Тогда Родион осмелился поднять на него взор и посмотрел ему в глаза. Странно, глаза доктора, которые поразили и напугали его до потери сознания, потеряли свою власть над ним, он больше не боялся их. Серые, с голубым отливом и острым зрачком, они хоть и продолжали по-прежнему сильно блестеть, как бы светясь фосфором, но ничего пугающего в них уже не было.

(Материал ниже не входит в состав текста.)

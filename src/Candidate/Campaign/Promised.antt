-- ===== src/Candidate/Campaign/Promised.antt =====
-- What the blocking calls do to the promise: `campaign()` marks it as retrieved, and a shut down
-- query may settle it.
use gee_h.Prelude.{ℕ, ◌≡◌, refl, Bool, true, false, some, List, arith, Bool-cases, inl, inr}
use gee_h.Effect.{and_then, modify, Outcome, returns, throws, Completion}
use gee_h.Etcd.{RequestOp, not_set, TxnRequest, TxnResponse}
use gee_h.Candidate.{election_result}
use gee_h.Candidate.Query.{query_predecessor}
use gee_h.Candidate.Campaign.Kept.{publish-kept, create_node-kept}
use gee_h.Candidate.Campaign.{
  World, method, publish_value, create_node, create_watch_stream, node_and_query, campaign_impl,
  campaign, proclaim, proclaim_rest,
}

module _ {W : Type 0} (call : W → TxnRequest → W × Completion TxnResponse) where
  publish-promise :
      (value : List ℕ) (failure_op : RequestOp) (w : World W)
      → (publish_value call value failure_op w).0.candidate.promise ≡ w.candidate.promise
  publish-promise = publish-kept call (λ c. c.promise) (λ c ops. refl) (λ c n. refl)

  create_node-promise :
      (w : World W) → (create_node call w).0.candidate.promise ≡ w.candidate.promise
  create_node-promise = create_node-kept call (λ c. c.promise) (λ c ops. refl) (λ c n. refl)

  module _ (b : Bool) where
    queried-promise :
        (o : World W × Outcome (Unit {0}))
        → o.0.candidate.promise.value ≡ some b
        → (and_then o (λ _. method call (modify query_predecessor))).0.candidate.promise.value
          ≡ some b
    unfolding query_predecessor election_result
    queried-promise (w, returns t) h = ground arith
    queried-promise (w, throws x) h = h

    streamed-promise :
        (o : World W × Outcome (Unit {0}))
        → o.0.candidate.promise.value ≡ some b
        → (and_then o (λ _. node_and_query call)).0.candidate.promise.value ≡ some b
    unfolding node_and_query
    streamed-promise (w, returns t) h =
        queried-promise (create_node call w) (ground (arith, create_node-promise w))
    streamed-promise (w, throws x) h = h

    stream-promise :
        (ok : Bool) (w : World W)
        → (create_watch_stream call ok w).0.candidate.promise ≡ w.candidate.promise
    unfolding create_watch_stream
    stream-promise true w = refl
    stream-promise false w = refl

    pub campaign-promise :
        (ok : Bool) (w : World W)
        → w.candidate.promise.value ≡ some b
        → (campaign call ok w).0.candidate.promise.value ≡ some b
    unfolding campaign campaign_impl
    campaign-promise ok w h =
        let c = w.candidate in
        let p = record c.promise { retrieved = true } in
        let v = record w { candidate = record c { promise = p } } in
        elim (Bool-cases c.ops.shutdown) [
          | inl down ↦ simp down h
          | inr up ↦ elim (Bool-cases c.promise.retrieved) [
            | inl again ↦ simp (up, again) h
            | inr first ↦
                simp (up, first)
                  (streamed-promise (create_watch_stream call ok v)
                    (ground (arith, stream-promise ok v)))
          ]
        ]

    proclaimed-promise :
        (new_value : List ℕ) (o : World W × Outcome TxnResponse)
        → o.0.candidate.promise.value ≡ some b
        → (proclaim_rest call new_value o).0.candidate.promise.value ≡ some b
    unfolding proclaim_rest
    proclaimed-promise new_value (w, returns r) h = ground arith
    proclaimed-promise new_value (w, throws x) h = h

    pub proclaim-promise :
        (new_value : List ℕ) (w : World W)
        → w.candidate.promise.value ≡ some b
        → (proclaim call new_value w).0.candidate.promise.value ≡ some b
    unfolding proclaim
    proclaim-promise new_value w h = elim (Bool-cases w.candidate.ops.shutdown) [
      | inl down ↦ simp down h
      | inr up ↦ simp up (
          proclaimed-promise new_value (publish_value call new_value not_set w)
            (ground (arith, publish-promise new_value not_set w)))
    ]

Родион начал рассказывать без утайки все, что с ним произошло. В голосе его слышалось недоумение, а карие глаза полны были смятения и печали. Он сам не понимал, что с ним случилось. Он думал, что фронт — это гром, молнии, свинцовый ливень, а оказалось — дождь, слякоть, непролазная грязь, пудовые лепешки из глины, налипшие на сапоги, неописуемая усталость и спящие на ходу солдаты; целые батальоны спят на ходу. Теперь ему кажется, что все это ему приснилось, что ничего этого не было. Не было и этой странной атаки, которую он проспал. Он ничего не помнит, разве только что ему снилась гроза. Проснулся он на носилках. Вот и все. Но никто ему не поверил, его подняли на смех. А ведь все это истинная правда, хотя и кажется неправдой; так иногда прекрасный вид вечернего заката кажется нам совершенно неестественным.
Доктор слушал его и одобрительно кивал головой, всем своим обликом выражая сочувствие и понимание.
— Выходит, нет истины, которую нельзя было бы оспорить, — сказал он, похоже, самому себе.
С настойчивостью, которая показалась Родиону оскорбительной, доктор стал допытываться — не было ли у него в роду алкоголиков, сифилитиков, кликуш. Родион обиделся и умолчал о дяде Мите, который, несомненно, был «привержен к водочке».